-- ACTIVITY --
Copy every line of the records below that holds the word "subst".
★ ★ ★ ★ ★
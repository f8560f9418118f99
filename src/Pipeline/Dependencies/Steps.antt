-- ===== src/Pipeline/Dependencies/Steps.antt =====
-- Every move respects the dependencies.
use accelsim_lite.Prelude.{
  ℕ, ◌≡◌, sym, subst, ◌∙◌, inl, inr, true, List, [], ◌∷◌, arith, ◌==◌, ==_iff, Bool-cases, contains,
  insert, contains-insert, get_or-modify, All, get_or-modify_ne, refl,
}
use accelsim_lite.Config.{SimulatorConfig}
use accelsim_lite.Pipeline.{State, at, retire_one}
use accelsim_lite.Instruction.{retire, done, blank, ready, fetch, decode, dispatch, execute}
use accelsim_lite.Pipeline.Moves.{
  Move, retires, advances, wakes, requeues, postpones, issues_memory, issues_compute, stalls,
  dispatches, decodes, fetches, ticks,
}
use accelsim_lite.Pipeline.Front.{
  wake_up, requeue, begin_execution, postpone, dispatch_one, decode_one, end_cycle,
}
use accelsim_lite.Pipeline.Program.{SameProgram, Move-SameProgram}
use accelsim_lite.Pipeline.Dependencies.{
  RespectsDeps, still-IsFinished, Keeps-RespectsDeps, modify-Keeps, unchanged, fetch-Keeps,
  after_tick-Keeps,
}
use accelsim_lite.Pipeline.Placement.{IsPlaced, front-stage}
use accelsim_lite.Pipeline.Forward.{Forward, Move-Forward}
use native.Mathlib.Decide.{ℕ_discrete}
use accelsim_lite.Scheduler.{deps_satisfied, DepsRetired, deps_satisfied_iff}

All-insert :
    (deps ids : List ℕ) (id : ℕ)
    → All (λ dep. contains ids dep ≡ true) deps
    → All (λ dep. contains (insert id ids) dep ≡ true) deps
All-insert [] ids id h = tt
All-insert (dep ∷ deps) ids id (h, hs) =
    (ground (arith, contains-insert id dep ids), All-insert deps ids id hs)

retire_one-RespectsDeps :
    (s : State) (idx : ℕ) (rest : List ℕ)
    → s.retire_q ≡ idx ∷ rest
    → IsPlaced s
    → SameProgram s (retire_one idx (record s { retire_q = rest }))
    → ((i : ℕ) → Forward s (retire_one idx (record s { retire_q = rest })) i)
    → RespectsDeps s
    → RespectsDeps (retire_one idx (record s { retire_q = rest }))
unfolding retire_one
retire_one-RespectsDeps s idx rest e p same forward v =
    let (lt, g) = front-stage s retire idx s.retire_q rest e (p.places idx).in_retire in
    let id = (at s idx).id in
    let t = retire_one idx (record s { retire_q = rest }) in
    let stage_of =
      λ (i : ℕ). get_or-modify s.instructions idx i (λ x. record x { stage = done }) blank in
    record {
      awake_deps = λ i lti up.
          subst (λ deps. All (λ dep. contains (insert id s.retired_ids) dep ≡ true) deps)
            (sym (same.same_at i).same_deps)
            (All-insert (at s i).deps s.retired_ids id
              (v.awake_deps i lti (ground (arith, stage_of i, p.in_range))));
      retired_finished = λ dep h. elim (Bool-cases (id == dep)) [
        | inl hit ↦ (
          idx,
          lt,
          (same.same_at idx).same_id ∙ (==_iff id dep).0 hit,
          ground (arith, stage_of idx, p.in_range),
        )
        | inr other ↦
            still-IsFinished s t (omega arith) same forward dep
              (v.retired_finished dep (ground (arith, contains-insert id dep s.retired_ids)))
      ];
    }

wake_up-RespectsDeps :
    (s : State) (idx : ℕ) (rest : List ℕ)
    → deps_satisfied (at s idx) s.retired_ids ≡ true
    → IsPlaced s
    → SameProgram s (wake_up idx (record s { dispatch_q = rest }))
    → ((i : ℕ) → Forward s (wake_up idx (record s { dispatch_q = rest })) i)
    → RespectsDeps s
    → RespectsDeps (wake_up idx (record s { dispatch_q = rest }))
unfolding wake_up
wake_up-RespectsDeps s idx rest sat p same forward v =
    let t = wake_up idx (record s { dispatch_q = rest }) in
    record {
      awake_deps = λ i lti up.
          subst (λ deps. All (λ dep. contains s.retired_ids dep ≡ true) deps)
            (sym (same.same_at i).same_deps)
            (elim (ℕ_discrete idx i) [
              | yes e ↦
                  subst (λ k. DepsRetired (at s k) s.retired_ids) e
                    ((deps_satisfied_iff (at s idx) s.retired_ids).0 sat)
              | no ne ↦ v.awake_deps i lti (
                  ground (
                    arith,
                    get_or-modify_ne s.instructions {i = idx} {j = i}
                        (λ x. record x { stage = ready }) blank ne,
                  ))
            ]);
      retired_finished =
          λ dep h. still-IsFinished s t (omega arith) same forward dep (v.retired_finished dep h);
    }

Move-RespectsDeps_of :
    {config : SimulatorConfig} (s t : State)
    → Move config s t
    → IsPlaced s
    → SameProgram s t
    → ((i : ℕ) → Forward s t i)
    → RespectsDeps s
    → RespectsDeps t
unfolding begin_execution requeue postpone dispatch_one decode_one end_cycle
Move-RespectsDeps_of _ _ (retires s idx rest e) p same forward v =
    retire_one-RespectsDeps s idx rest e p same forward v
Move-RespectsDeps_of _ _ (advances s u e) p same forward v =
    Keeps-RespectsDeps s _ same forward (after_tick-Keeps s u e p) v
Move-RespectsDeps_of _ _ (wakes s idx rest e sat room) p same forward v =
    wake_up-RespectsDeps s idx rest sat p same forward v
Move-RespectsDeps_of _ _ (requeues s idx rest stats e _) p same forward v =
    Keeps-RespectsDeps s _ same forward (unchanged _ _ refl refl refl) v
Move-RespectsDeps_of _ _ (postpones s idx rest stats e _) p same forward v =
    Keeps-RespectsDeps s _ same forward (unchanged _ _ refl refl refl) v
Move-RespectsDeps_of _ _ (issues_memory s idx rest e m free) p same forward v =
    let (_, g) = front-stage s ready idx s.ready_q rest e (p.places idx).in_ready in
    Keeps-RespectsDeps s _ same forward
      (modify-Keeps s _ idx (λ x. record x { stage = execute; issue_cycle = s.cycle }) refl refl
        refl p.in_range (omega arith) (omega arith))
      v
Move-RespectsDeps_of _ _ (issues_compute s idx rest e c free) p same forward v =
    let (_, g) = front-stage s ready idx s.ready_q rest e (p.places idx).in_ready in
    Keeps-RespectsDeps s _ same forward
      (modify-Keeps s _ idx (λ x. record x { stage = execute; issue_cycle = s.cycle }) refl refl
        refl p.in_range (omega arith) (omega arith))
      v
Move-RespectsDeps_of _ _ (stalls s stats _) p same forward v =
    Keeps-RespectsDeps s _ same forward (unchanged _ _ refl refl refl) v
Move-RespectsDeps_of _ _ (dispatches s idx rest e room) p same forward v =
    let (_, g) = front-stage s decode idx s.decode_q rest e (p.places idx).in_decode in
    Keeps-RespectsDeps s _ same forward
      (modify-Keeps s _ idx (λ x. record x { stage = dispatch }) refl refl refl p.in_range
        (omega arith) (omega arith))
      v
Move-RespectsDeps_of _ _ (decodes s idx rest e) p same forward v =
    let (_, g) = front-stage s fetch idx s.fetch_q rest e (p.places idx).in_fetch in
    Keeps-RespectsDeps s _ same forward
      (modify-Keeps s _ idx (λ x. record x { stage = decode }) refl refl refl p.in_range
        (omega arith) (omega arith))
      v
Move-RespectsDeps_of _ _ (fetches s lt) p same forward v =
    Keeps-RespectsDeps s _ same forward (fetch-Keeps s lt) v
Move-RespectsDeps_of _ _ (ticks s) p same forward v =
    Keeps-RespectsDeps s _ same forward (unchanged _ _ refl refl refl) v

-- Every move keeps the dependencies respected.
pub Move-RespectsDeps :
    {config : SimulatorConfig} (s t : State)
    → Move config s t
    → IsPlaced s
    → RespectsDeps s
    → RespectsDeps t
Move-RespectsDeps s t m p v =
    Move-RespectsDeps_of s t m p (Move-SameProgram m) (λ i. Move-Forward s t i m p) v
★ ★ ★ ★ ★
-- ANSWER FOR THE TASK --
  ℕ, ◌≡◌, sym, subst, ◌∙◌, inl, inr, true, List, [], ◌∷◌, arith, ◌==◌, ==_iff, Bool-cases, contains,
          subst (λ deps. All (λ dep. contains (insert id s.retired_ids) dep ≡ true) deps)
          subst (λ deps. All (λ dep. contains s.retired_ids dep ≡ true) deps)
                  subst (λ k. DepsRetired (at s k) s.retired_ids) e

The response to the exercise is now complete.